For instance, Mistral 7B is fine tuned on an instructional
format with Instruction Tokens ([INST]
, [/INST]
)
that eliminate the need for complex prompting. They simply
require the user to feed their instructions between the
tokens, and the model will take it as an instruction and
give an output accordingly.
This leaves more context for smaller models such as Mistral 7B to take in larger inputs, regardless of its smaller size and context window. Using our Ollama.ai configuration running locally, we are able to use up to 32678 characters of context length.
While such Large models may be trained on large corpuses of data, often times it may be hard to retrieve accurate or relevant data to the user's query given the sheer size of the model's training data.
By performing an indexing over relevant source documents, and retrieving the relevant context from these documents with regards to a user's query, we can provide this context to the model for it to ground its response based on the context retrieved from our source documents.
This makes the model's output more relevant to the query and the use case of the user.
Often times, such tools combining instructional fine-tuning be it through prompts, fine-tuned models such as GPT-4 or even RAG Chat with PDF apps require a paywall to use.
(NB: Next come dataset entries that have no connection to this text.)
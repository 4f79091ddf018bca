-- ===== src/Protocol/Tests/Specs/Gate.antt =====
-- The gate of the JUDGMENT_ONLY spec, with bindings in which one decision is bound.
use llm_evaluation_lab.Base.{String, ◌≡◌, refl, some, [], ◌∷◌, map}
use llm_evaluation_lab.Base.Result.{ok, err}
use llm_evaluation_lab.Json.{Json, null, str, obj, Fields, array, has}
use llm_evaluation_lab.Cup.Error.{value_error}
use llm_evaluation_lab.Protocol.Numbers.{number_lt}
use llm_evaluation_lab.Protocol.Schema.{text_length, each_field, each_item, check_kinds}
use llm_evaluation_lab.Protocol.Event.{object_of}
use llm_evaluation_lab.Protocol.Pool.{Unicode}
use llm_evaluation_lab.Protocol.Gate.{answer}
use llm_evaluation_lab.Protocol.Gate.Execution.{instance_gate}
use llm_evaluation_lab.Protocol.Gate.Missing.{IsInspected, instance_gate-missing}
use llm_evaluation_lab.Protocol.Tests.{texts}
use llm_evaluation_lab.Protocol.Tests.Specs.{ref, judgment_document, runtime, clock}

abbrev decision : Json
decision = obj (
    object_of
      (("status", str "FROZEN") ∷ ("artifact", ref) ∷ ("approval", ref) ∷ ("reason", str "x") ∷ []))

abbrev deferred : Json
deferred = obj (
    object_of (
      ("status", str "DEFERRED")
      ∷ ("artifact", null)
      ∷ ("approval", null)
      ∷ ("reason", str "x")
      ∷ []))

abbrev bindings_of : String → Json
bindings_of mark = obj (
    object_of (
      ("schema_id", str "search-instance-bindings/v2")
      ∷ ("spec_fingerprint", str mark)
      ∷ (
        "decisions",
        obj (
            object_of (
              ("D1", decision)
              ∷ map (λ name. (name, deferred))
                  ("D2" ∷ "D3" ∷ "D4" ∷ "D5" ∷ "D6" ∷ "D7" ∷ "D8" ∷ []))),
      )
      ∷ ("canonical_fingerprint", str "f")
      ∷ []))

abbrev artifacts_of : String → Fields
artifacts_of track = object_of (
    (
      "f",
      obj (
          object_of (
            ("schema_id", str "search-instance/d1/v2")
            ∷ ("spec_fingerprint", str "f")
            ∷ ("binding", str track)
            ∷ [])),
    )
    ∷ [])

abbrev unicode : Unicode
unicode = record { nfkc = λ s. s; casefold = λ s. s; split = λ s. s ∷ [] }

gate_one_bound :
    instance_gate runtime texts unicode clock
      (obj judgment_document)
      (some (bindings_of "f"))
      (artifacts_of "JUDGMENT_ONLY")
    ≡ ok (answer ("D2" ∷ "D3" ∷ "D5" ∷ "D7" ∷ []))
unfolding instance_gate text_length has each_field number_lt check_kinds each_item array
gate_one_bound = refl

gate_no_artifact :
    instance_gate runtime texts unicode clock
      (obj judgment_document)
      (some (bindings_of "f"))
      (object_of [])
    ≡ ok (answer ("D1" ∷ "D2" ∷ "D3" ∷ "D5" ∷ "D7" ∷ []))
unfolding instance_gate text_length has each_field number_lt check_kinds each_item array
gate_no_artifact = refl

gate_other_document :
    instance_gate runtime texts unicode clock
      (obj judgment_document)
      (some (bindings_of "g"))
      (object_of [])
    ≡ err (value_error "instance/SearchSpec mismatch")
unfolding instance_gate text_length has each_field number_lt check_kinds each_item array
gate_other_document = refl

instance_gate-missing_example :
    IsInspected runtime texts unicode clock
      (obj judgment_document)
      (bindings_of "f")
      (artifacts_of "JUDGMENT_ONLY")
      (answer ("D2" ∷ "D3" ∷ "D5" ∷ "D7" ∷ []))
instance_gate-missing_example =
    instance_gate-missing runtime texts unicode clock (obj judgment_document) (bindings_of "f")
      (artifacts_of "JUDGMENT_ONLY") gate_one_bound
In addition to the above, this app aims to solve 3 problems, namely:
-
Paying to use these features.
Through the use of similar fine-tuned models from open-source contributors, and careful prompting, we can often achieve similar results on smaller contexts or documents.
-
Providing the ability to regenerate and reset the chat context
When a chat history grows long, the model's response may be focused on the messages at the start of the chat.
This app aims to mitigate this by allowing the user to add/delete breakpoints in the chat, regenerate outputs, and finetune the model's responses based on contiguous subsets of the chat history.
For instance, the start of the chat may ask about one part of a document, leading the model to focus on that document.
By adding a breakpoint, the user can start fresh and ask questions about other parts of the document, letting the model give answers as if the context was fresh.
-
Data Privacy
When you use a "Chat with your PDF" tool, you upload data to their model and/or server. This is not an option for sensitive documents.
This app mitigates that by:
- Providing a local Vector Store using Postgres to save your document embeddings to your local disk with Docker volumes
- Downloading open-source ONNX binaries to run embeddings locally within the app, instead of remote models.
- Using of local model weights with models such as [Mistral] running within Ollama, and your traffic not being sent to external servers.
By running this cluster and connecting it to your Ollama-based container, I hope this improves your experience in implementing custom chat-model solutions as opposed to paying large premiums for external models.